2016年5月22日日曜日

内需拡大、再分配、人口減問題をG7版「3本の矢」で推進するのか

停滞する世界経済から脱出するために伊勢志摩サミットではG7版「3本の矢」を放とうとしているが、G7財務相、中央銀行総裁会議でも財政出動で一致点が見いだせないままにG7サミットに突入することになる。

国内経済成長路線への要因は内需拡大、家計への再分配、人口減対策であることは中曽根内閣時代の前川レポートでも指摘されていたことだが、金融政策は別として財政政策、構造改革の成果が上がっていないことは明らかなのに、G7版3本の矢で世界経済をけん引していこうというのか。
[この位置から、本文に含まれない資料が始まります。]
-- ===== src/Membrane/Granted/Refusals.antt =====
-- Who can mint or materialise a credential through the granted broker.
use kagura_agent.Prelude.{
  ℕ, String, ◌≡◌, refl, true, false, List, [], ◌∷◌, Result, ok, raised, arith, ◌⊎◌, inl, inr, All,
  continue_rule, some,
}
use kagura_agent.Prelude.Dict.{Dict}
use kagura_agent.Membrane.Lease.{
  Error, Budget, Lease, CredProvider, State, assert_scope_allowed, requires_write_approval,
}
use kagura_agent.Membrane.Lease.Cases.{Registered, acquire_cases, renew_cases}
use kagura_agent.Membrane.ContainerEnv.{container_env}
use kagura_agent.Membrane.ContainerEnv.Complete.{and_then-ok}
use kagura_agent.Membrane.Grants.{allows}
use kagura_agent.Membrane.Granted
use kagura_agent.Membrane.Granted.{GrantedBroker, require_grant, require_all, granted_env}

-- The provider may mint the scope: it is no privileged memory scope, or the provider is the memory
-- provider with write approval.
abbrev pub MayMint : {W : Type 0} → CredProvider W → String → Type 0
MayMint p scope = (requires_write_approval scope ≡ false) ⊎ (p.write_approved ≡ some true)

MayMint-of_ok :
    {W : Type 0} (p : CredProvider W) (scope : String)
    → assert_scope_allowed p scope ≡ ok tt
    → MayMint p scope
unfolding assert_scope_allowed
MayMint-of_ok p scope h = ground arith

-- A mint was authorised: the pair is granted, the provider is registered and may mint the scope.
pub record Authorised {W : Type 0} (g : GrantedBroker W) (name scope : String) : Type 0 where
  pub granted : allows g.grants name scope ≡ true
  pub provider : CredProvider W
  pub registered : Registered g.inner name provider
  pub may_mint : MayMint provider scope

-- The call raised, and left the ledger and the outside world as they were.
abbrev pub Refused : {W R : Type 0} → State W → Result Error R × State W → Type 0
Refused s x = (e : Error) × (x ≡ (raised e, s))

allows_of_ok :
    {W : Type 0} (g : GrantedBroker W) (name scope : String) {u : Unit {0}}
    → require_grant g name scope ≡ ok u
    → allows g.grants name scope ≡ true
unfolding require_grant
allows_of_ok g name scope h = ground arith

authorised :
    {W : Type 0} (g : GrantedBroker W) (name scope : String) {u : Unit {0}}
    → require_grant g name scope ≡ ok u
    → (p : CredProvider W) → Registered g.inner name p
    → assert_scope_allowed p scope ≡ ok tt
    → Authorised g name scope
authorised g name scope granted p reg may = record {
  granted = allows_of_ok g name scope granted;
  provider = p;
  registered = reg;
  may_mint = MayMint-of_ok p scope may;
}

module _ {W : Type 0} (g : GrantedBroker W) (s : State W) where
  -- `acquire` either raises and changes nothing, at the providers neither, or the task's grants hold
  -- the pair and its provider is registered and may mint the scope.
  pub acquire-Authorised :
      (name scope : String) (ttl : ℕ) (budget : Budget)
      → Refused s (Granted.acquire g name scope ttl budget s) ⊎ Authorised g name scope
  unfolding Granted.acquire
  acquire-Authorised name scope ttl budget =
      continue_rule (λ x. Refused s x ⊎ Authorised g name scope) (require_grant g name scope) _ s
        (λ e _. inl (e, refl))
        λ u granted.
          acquire_cases g.inner s (λ x. Refused s x ⊎ Authorised g name scope) name scope ttl budget
            (λ e. inl (e, refl)) (λ p e reg may _. inr (authorised g name scope granted p reg may))
            (λ p _ _ _ reg may _ _ _ _. inr (authorised g name scope granted p reg may))

  -- The same of `renew`, for the pair of the lease that it is handed.
  pub renew-Authorised :
      (l : Lease) (ttl : ℕ) → Refused s (Granted.renew g l ttl s) ⊎ Authorised g l.provider l.scope
  unfolding Granted.renew
  renew-Authorised l ttl =
      continue_rule Q (require_grant g l.provider l.scope) _ s (λ e _. inl (e, refl))
        λ u granted.
          renew_cases g.inner s Q l ttl (λ e. inl (e, refl))
            (λ p e reg may _. inr (authorised g l.provider l.scope granted p reg may))
            (λ p _ _ _ reg may _ _.
              let a = authorised g l.provider l.scope granted p reg may in (λ _. inr a, λ _. inr a))
    where
      Q : Result Error Lease × State W → Type 0
      Q x = Refused s x ⊎ Authorised g l.provider l.scope

  require_all_lem :
      (ls : List Lease) {u : Unit {0}}
      → require_all g ls ≡ ok u
      → All (λ l. allows g.grants l.provider l.scope ≡ true) ls
  unfolding require_all
  require_all_lem [] h = tt
  require_all_lem (l ∷ ls) h =
      let (_, first, rest) = and_then-ok (require_grant g l.provider l.scope) _ h in
      (allows_of_ok g l.provider l.scope first, require_all_lem ls rest)

  -- The granted broker's `container_env` returns only what the inner broker returns, and only if the
  -- grants hold the pair of every lease.
  granted_env_lem :
      (ls : List Lease) {env : Dict String}
      → granted_env g ls ≡ ok env
      → (container_env g.inner ls ≡ ok env)
        × All (λ l. allows g.grants l.provider l.scope ≡ true) ls
  unfolding granted_env
  granted_env_lem ls h =
      let (_, first, rest) = and_then-ok (require_all g ls) _ h in (rest, require_all_lem ls first)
日本らしさを出すにはどうしても「3本の矢」が必要なのだ。P→D→C→Aのサイクルで政策の質を向上する必要があるが、今までの政府のやり方はP→Dの繰り返しでC→Aがないから軌道修正し、成果を目指さないままに目くらましの政策を発信し続ける。

経済財政諮問会議などの議事録を見ていると時々PDCAサイクルで政策の達成を主張するのはトヨタの会長だった奥田さん位ではないか。それだけ政治経済の分野、行政の世界でPDCAサイクルを回す人間はいないのだ。

PDCAサイクルを回さなくても、政策の軌道修正のニュースを聞いたことがない。聞くのは国会審議で野党議員がアベノミクスは失敗だったのではないかと攻めているときだ。
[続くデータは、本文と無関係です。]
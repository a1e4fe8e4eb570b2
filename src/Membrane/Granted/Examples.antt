-- ===== src/Membrane/Granted/Examples.antt =====
-- The theorems on grants and on the container's environment at concrete inputs.
use kagura_agent.Prelude.{String, ◌≡◌, refl, Bool, [], ◌∷◌, ok, raised, ◌⊎◌, some, All}
use kagura_agent.Prelude.Dict
use kagura_agent.Prelude.Dict.{Dict}
use kagura_agent.Membrane.Lease.{
  Error, value_error, memory_write_locked, grant_denied, Lease, requires_write_approval,
}
use kagura_agent.Membrane.Lease
use kagura_agent.Membrane.Lease.Examples.{cloud, held_lease, half_spent, empty_state}
use kagura_agent.Membrane.ContainerEnv.{container_env}
use kagura_agent.Membrane.ContainerEnv.Complete.{Provided, Sets, container_env_exact}
use kagura_agent.Membrane.Grants.{parse_grants}
use kagura_agent.Membrane.Granted
use kagura_agent.Membrane.Granted.{GrantedBroker, granted_env, lease_requests}
use kagura_agent.Membrane.Granted.Refusals.{
  Refused, Authorised, acquire-Authorised, renew-Authorised,
}

abbrev granted_cloud : GrantedBroker Bool
granted_cloud = record {
  inner = cloud;
  grants = record { provider = "cf"; scope = "zone:read" } ∷ [];
}

acquire-Authorised_example :
    Refused empty_state (Granted.acquire granted_cloud "cf" "zone:edit" 60 half_spent empty_state)
    ⊎ Authorised granted_cloud "cf" "zone:edit"
acquire-Authorised_example =
    acquire-Authorised granted_cloud empty_state "cf" "zone:edit" 60 half_spent

ungranted :
    Granted.acquire granted_cloud "cf" "zone:edit" 60 half_spent empty_state
    ≡ (raised grant_denied, empty_state)
unfolding Granted.acquire
ungranted = refl

write_locked :
    Granted.acquire
      (record granted_cloud { grants = record { provider = "cf"; scope = " Memory:Write" } ∷ [] })
      "cf"
      " Memory:Write"
      60
      half_spent
      empty_state
    ≡ (raised memory_write_locked, empty_state)
unfolding Granted.acquire Lease.acquire Dict.get requires_write_approval
write_locked = refl

renew-Authorised_example :
    Refused empty_state (Granted.renew granted_cloud held_lease 60 empty_state)
    ⊎ Authorised granted_cloud "cf" "zone:read"
renew-Authorised_example = renew-Authorised granted_cloud empty_state held_lease 60

abbrev cloud_env : Dict String
cloud_env = ("CLOUDFLARE_API_TOKEN", "secret") ∷ []

cloud_env_lem : container_env cloud (held_lease ∷ []) ≡ ok cloud_env
unfolding container_env Dict.get Dict.put
cloud_env_lem = refl

container_env_exact_example :
    All (Provided cloud cloud_env) (held_lease ∷ [])
    × ((k v : String) → Dict.get cloud_env k ≡ some v → Sets cloud (held_lease ∷ []) k v)
container_env_exact_example = container_env_exact cloud (held_lease ∷ []) cloud_env cloud_env_lem

conflict :
    container_env cloud (held_lease ∷ record held_lease { cred = some "other" } ∷ [])
    ≡ raised value_error
unfolding container_env Dict.get Dict.put
conflict = refl

parsed :
    parse_grants (" cf : zone:read " ∷ "cf:zone:read" ∷ [])
    ≡ ok (record { provider = "cf"; scope = "zone:read" } ∷ [])
unfolding parse_grants
parsed = refl

malformed : parse_grants ("cf:zone:read" ∷ "cf: " ∷ []) ≡ raised value_error
unfolding parse_grants
malformed = refl

granted_env_ok : granted_env granted_cloud (held_lease ∷ []) ≡ ok cloud_env
unfolding granted_env container_env Dict.get Dict.put
granted_env_ok = refl
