-- ===== src/Membrane/Launcher/Subtree.antt =====
-- The scan of a directory's subtree ends, and what it clears holds no socket and no device.
use kagura_agent.Prelude.{
  ℕ, zero, suc, ◌+◌, ◌≤◌, ◌≡◌, ◌≢◌, refl, sym, ◌∙◌, ap, subst, Bool, true, false, Option, none,
  some, List, [], ◌∷◌, ltb, length, Bool-cases, Option-cases, inl, inr, ◌⊎◌, arith,
}
use kagura_agent.Membrane.Launcher.{
  Entry, FileSystem, FileType, socket, char_device, block_device, ordinary, Reason, too_deep, Scan,
  refused, more, kind_reason, push, scan_entries, scan_stack, subtree_special_file_reason,
}

refused-ne-more : {r : Reason} {m : ℕ} {rest : List (List ℕ × ℕ)} → refused r ≢ more m rest
refused-ne-more h = absurd (cc h)

more_inj :
    {n m : ℕ} {stack rest : List (List ℕ × ℕ)}
    → more n stack ≡ more m rest
    → (n ≡ m) × (stack ≡ rest)
more_inj h = (cc h, cc h)

Scan-cases :
    (s : Scan)
    → ((r : Reason) × (s ≡ refused r)) ⊎ ((m : ℕ) × (rest : List (List ℕ × ℕ)) × (s ≡ more m rest))
Scan-cases (refused r) = inl (r, refl)
Scan-cases (more m rest) = inr (m, rest, refl)

-- The directory is on the stack.
abbrev OnStack : List ℕ → List (List ℕ × ℕ) → Type 0
OnStack dir [] = ⊥
OnStack dir (p ∷ stack) = (dir ≡ p.0) ⊎ OnStack dir stack

abbrev Listed : Entry → List Entry → Type 0
Listed e [] = ⊥
Listed e (d ∷ es) = (d ≡ e) ⊎ Listed e es

-- The entries of a subtree; the scan does not follow a link, and a mount does not either.
pub data InTree (fs : FileSystem) : List ℕ → Entry → Type 0 where
  here : {dir : List ℕ} {e : Entry} → Listed e (fs.scandir dir).0 → InTree fs dir e
  below :
      {dir : List ℕ} (d : Entry) {e : Entry}
      → Listed d (fs.scandir dir).0
      → d.is_symlink ≡ false
      → d.is_dir ≡ true
      → InTree fs d.path e
      → InTree fs dir e

-- A link, or what is neither a socket nor a device.
abbrev pub IsClear : Entry → Type 0
IsClear e = (e.is_symlink ≡ true) ⊎ (e.mode ≡ some ordinary)

kind-ordinary : (mode : Option FileType) → kind_reason mode ≡ none → mode ≡ some ordinary
unfolding kind_reason
kind-ordinary none h = absurd (cc h)
kind-ordinary (some socket) h = absurd (cc h)
kind-ordinary (some char_device) h = absurd (cc h)
kind-ordinary (some block_device) h = absurd (cc h)
kind-ordinary (some ordinary) h = refl

push-keeps :
    (dir : List ℕ) (e : Entry) (depth : ℕ) (stack : List (List ℕ × ℕ))
    → OnStack dir stack
    → OnStack dir (push e depth stack)
unfolding push
push-keeps dir e depth stack h = elim (Bool-cases e.is_dir) [
  | inl d ↦ rw d (inr h)
  | inr d ↦ rw d h
]

push-top :
    (e : Entry) (depth : ℕ) (stack : List (List ℕ × ℕ))
    → e.is_dir ≡ true
    → OnStack e.path (push e depth stack)
unfolding push
push-top e depth stack d = rw d (inl refl)

module _ (max_entries max_depth : ℕ) where
  -- What a round of the scan tells of the entries that it went through.
  record Passes (es : List Entry) (n m : ℕ) (stack rest : List (List ℕ × ℕ)) : Type 0 where
    capped : m ≤ max_entries
    balance : length rest + n ≤ length stack + m
    keeps : (dir : List ℕ) → OnStack dir stack → OnStack dir rest
    clear : (e : Entry) → Listed e es → IsClear e
    pushed :
        (e : Entry) → Listed e es → e.is_symlink ≡ false → e.is_dir ≡ true → OnStack e.path rest

  length-push :
      (e : Entry) (depth : ℕ) (stack : List (List ℕ × ℕ))
      → length (push e depth stack) ≤ length stack + 1
  unfolding push
  length-push e depth stack = elim (Bool-cases e.is_dir) [
    | inl d ↦ rw d (omega arith)
    | inr d ↦ rw d (omega arith)
  ]

  scan_entries-Passes :
      (es : List Entry) (broken : Bool) (depth n m : ℕ) (stack rest : List (List ℕ × ℕ))
      → n ≤ max_entries
      → scan_entries max_entries max_depth es broken depth n stack ≡ more m rest
      → Passes es n m stack rest
  unfolding scan_entries
  scan_entries-Passes [] broken depth n m stack rest le h = elim (Bool-cases broken) [
    | inl b ↦ absurd (refused-ne-more (rw b at h))
    | inr b ↦
        (let (same, rest_same) = more_inj (rw b at h) in
          record {
            capped = omega (arith, same, le);
            balance = omega (arith, same, ap length rest_same);
            keeps = λ dir on. subst (OnStack dir) rest_same on;
            clear = λ e l. absurd l;
            pushed = λ e l _ _. absurd l;
          })
  ]
  scan_entries-Passes (e ∷ es) broken depth n m stack rest le h =
      elim (Bool-cases (ltb max_entries (n + 1))) [
        | inl over ↦ absurd (refused-ne-more (rw over at h))
        | inr under ↦ elim (Bool-cases e.is_symlink) [
          | inl link ↦
              let f =
                scan_entries-Passes es broken depth (n + 1) m stack rest (ground (arith, under))
                  (rw (under, link) at h) in
              record {
                capped = f.capped;
                balance = omega (arith, f.balance);
                keeps = f.keeps;
                clear = λ d l. elim l [
                  | inl q ↦ inl (subst (λ x. x.is_symlink ≡ true) q link)
                  | inr k ↦ f.clear d k
                ];
                pushed = λ d l a b. elim l [
                  | inl q ↦ absurd (cc (sym a ∙ subst (λ x. x.is_symlink ≡ true) q link))
                  | inr k ↦ f.pushed d k a b
                ];
              }
          | inr file ↦ elim (Option-cases (kind_reason e.mode)) [
            | inr (r, bad) ↦ absurd (refused-ne-more (rw (under, file, bad) at h))
            | inl good ↦
                let f =
                  scan_entries-Passes es broken depth (n + 1) m (push e depth stack) rest
                    (ground (arith, under)) (rw (under, file, good) at h) in
                record {
                  capped = f.capped;
                  balance = omega (arith, f.balance, length-push e depth stack);
                  keeps = λ dir on. f.keeps dir (push-keeps dir e depth stack on);
                  clear = λ d l. elim l [
                    | inl q ↦
                        inr (subst (λ x. x.mode ≡ some ordinary) q (kind-ordinary e.mode good))
                    | inr k ↦ f.clear d k
                  ];
                  pushed = λ d l a b. elim l [
                    | inl q ↦
                        subst (λ x. OnStack x.path rest) q
                          (f.keeps e.path
                            (push-top e depth stack (subst (λ x. x.is_dir ≡ true) (sym q) b)))
                    | inr k ↦ f.pushed d k a b
                  ];
                }
          ]
        ]
      ]

  -- One round refuses, or goes on with what it leaves on the stack.
  scan_round :
      (fs : FileSystem) (fuel n depth : ℕ) (current : List ℕ) (stack : List (List ℕ × ℕ))
      → n ≤ max_entries
      → ((r : Reason) × (scan_stack max_entries max_depth fs (suc fuel) ((current, depth) ∷ stack) n
            ≡ some (some r)))
        ⊎ ((m : ℕ) × (rest : List (List ℕ × ℕ)) × Passes (fs.scandir current).0 n m stack rest
            × (scan_stack max_entries max_depth fs (suc fuel) ((current, depth) ∷ stack) n
                ≡ scan_stack max_entries max_depth fs fuel rest m))
  unfolding scan_stack
  scan_round fs fuel n depth current stack le =
      let (entries, broken) = fs.scandir current in
      elim (Bool-cases (ltb max_depth depth)) [
        | inl deep ↦ inl (too_deep, rw (scan_stack, deep) refl)
        | inr fine ↦
            elim (Scan-cases (scan_entries max_entries max_depth entries broken depth n stack)) [
              | inl (r, e) ↦ inl (r, rw (scan_stack, fine, e) refl)
              | inr (m, rest, e) ↦ inr (
                m,
                rest,
                scan_entries-Passes entries broken depth n m stack rest le e,
                rw (scan_stack, fine, e) refl,
              )
            ]
      ]

  -- Fuel for the entries still allowed, the directories on the stack and one round more is enough.
  scan_stack-returns :
      (fs : FileSystem) (fuel : ℕ) (stack : List (List ℕ × ℕ)) (n : ℕ)
      → n ≤ max_entries
      → max_entries + length stack + 1 ≤ fuel + n
      → scan_stack max_entries max_depth fs fuel stack n ≢ none
  unfolding scan_stack
  scan_stack-returns fs zero stack n le enough = absurd (omega (arith, le, enough))
  scan_stack-returns fs (suc fuel) [] n le enough = λ h. absurd (cc h)
  scan_stack-returns fs (suc fuel) ((current, depth) ∷ stack) n le enough =
      elim (scan_round fs fuel n depth current stack le) [
        | inl (r, e) ↦ λ h. absurd (cc (sym e ∙ h))
        | inr (m, rest, f, e) ↦ λ h.
            scan_stack-returns fs fuel rest m f.capped (omega (arith, f.balance, enough))
              (sym e ∙ h)
      ]

  IsClear-below :
      (fs : FileSystem) (dir : List ℕ) (n m : ℕ) (stack rest : List (List ℕ × ℕ)) (x : Entry)
      → Passes (fs.scandir dir).0 n m stack rest
      → ((d : List ℕ) → OnStack d rest → InTree fs d x → IsClear x)
      → InTree fs dir x
      → IsClear x
  IsClear-below fs dir n m stack rest x f later (here l) = f.clear x l
  IsClear-below fs dir n m stack rest x f later (below d l a b t) =
      later d.path (f.pushed d l a b) t

  -- Whatever stands below a directory on the stack is clear, if the scan finds no reason to refuse.
  scan_stack-clears :
      (fs : FileSystem) (fuel : ℕ) (stack : List (List ℕ × ℕ)) (n : ℕ) (dir : List ℕ) (x : Entry)
      → n ≤ max_entries
      → scan_stack max_entries max_depth fs fuel stack n ≡ some none
      → OnStack dir stack
      → InTree fs dir x
      → IsClear x
  unfolding scan_stack
  scan_stack-clears fs zero stack n dir x le h on t = absurd (cc h)
  scan_stack-clears fs (suc fuel) [] n dir x le h on t = absurd on
  scan_stack-clears fs (suc fuel) ((current, depth) ∷ stack) n dir x le h on t =
      elim (scan_round fs fuel n depth current stack le) [
        | inl (r, e) ↦ absurd (cc (sym e ∙ h))
        | inr (m, rest, f, e) ↦
            let later : (d : List ℕ) → OnStack d rest → InTree fs d x → IsClear x =
              λ d o. scan_stack-clears fs fuel rest m d x f.capped (sym e ∙ h) o in
            elim on [
              | inl q ↦
                  IsClear-below fs current n m stack rest x f later (subst (λ d. InTree fs d x) q t)
              | inr o ↦ later dir (f.keeps dir o) t
            ]
      ]

-- The scan of a subtree returns, whatever the file system holds, links that loop and directories
-- without end included.
pub subtree_special_file_reason-returns :
    (fs : FileSystem) (directory : List ℕ) → subtree_special_file_reason fs directory ≢ none
unfolding subtree_special_file_reason
subtree_special_file_reason-returns fs directory =
    scan_stack-returns 50000 64 fs 50002 ((directory, 0) ∷ []) 0 (omega arith) (omega arith)

pub subtree_special_file_reason-clears :
    (fs : FileSystem) (directory : List ℕ) (x : Entry)
    → subtree_special_file_reason fs directory ≡ some none
    → InTree fs directory x
    → IsClear x
unfolding subtree_special_file_reason
subtree_special_file_reason-clears fs directory x h t =
    scan_stack-clears 50000 64 fs 50002 ((directory, 0) ∷ []) 0 directory x (omega arith) h
      (inl refl) t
政権は財政出動をやっているとばかりに予算の先走りだ。C→Aがないから無駄遣いだ。

伊勢志摩サミットでのテーマを新聞が伝える。金融政策、財政出動、構造改革、通貨安競争回避、タックスヘイブンの防止、テロ対策に英国のEU離脱問題等らしい。

財政出動はドイツやイギリスが異論を唱えている。それぞれの国で財政規律問題もあり日本、アメリカ、フランスと立場が違っている。

こんな事で世界経済をけん引する事は無理だろう。

リーマンショック後の世界経済を中国が52兆円の投資でけん引したが、今は過剰投資がたたって安売りの輸出攻勢で世界経済を混乱に巻き込んでいる。国内経済の減速を海外進出で乗り切ろうとしているし海外投資を有利に進めようとAIIBを設立し先進国と競合している。

その中国は巨大市場をもち、経済政策が世界経済に大きく影響するがG7メンバーではない。ロシアも経済制裁で仲間はずれになっている。日本は北方領土問題、エネルギー問題でロシアとの関係を重視しアメリカから危惧されている。

内需不足、家計への再分配は中曽根内閣時の前川レポート、福田内閣時の21世紀版前川レポートで以前から指摘されていることだが、人口減問題も含め難題のまま政策課題として残っている。

需要がなく企業は儲からないので家計への再分配がないのかと思ったら間違いなのだが、円為替で計算値で儲かっている傾向もあるらしい。

円安で輸出産業を中心に企業の仕事も増えてきたが、儲かった分は内部留保で今は350兆円になっている。国と地方の借金が1050兆円といわれているから大きなカネだ。

賃上げが先か、需要拡大が先か。企業は需要の先行きに不透明感を抱いている。

政府、日銀の「緩やかな回復基調」も、「必要なら躊躇なく追加緩和」も聞き飽きて新鮮みがなくなった。

政府はアベノミクスの成果、税収の底上げ謳っているが財政出動には赤字国債が必要な状況が続く。ドイツ、イギリスの財政規律重視の経済政策をどう考えるのか。

伊勢志摩サミットに向け現地にメデイアセンターが完成した。新設に28億円以上かけ、終わると3億円かけて解体するという。

サミットも各国首脳が集まり議論するが、終われば各国に帰ってサミットなどなかったように振る舞うのだろう。そして来年のサミットが近づくとまた同じようなテーマが話題に上る。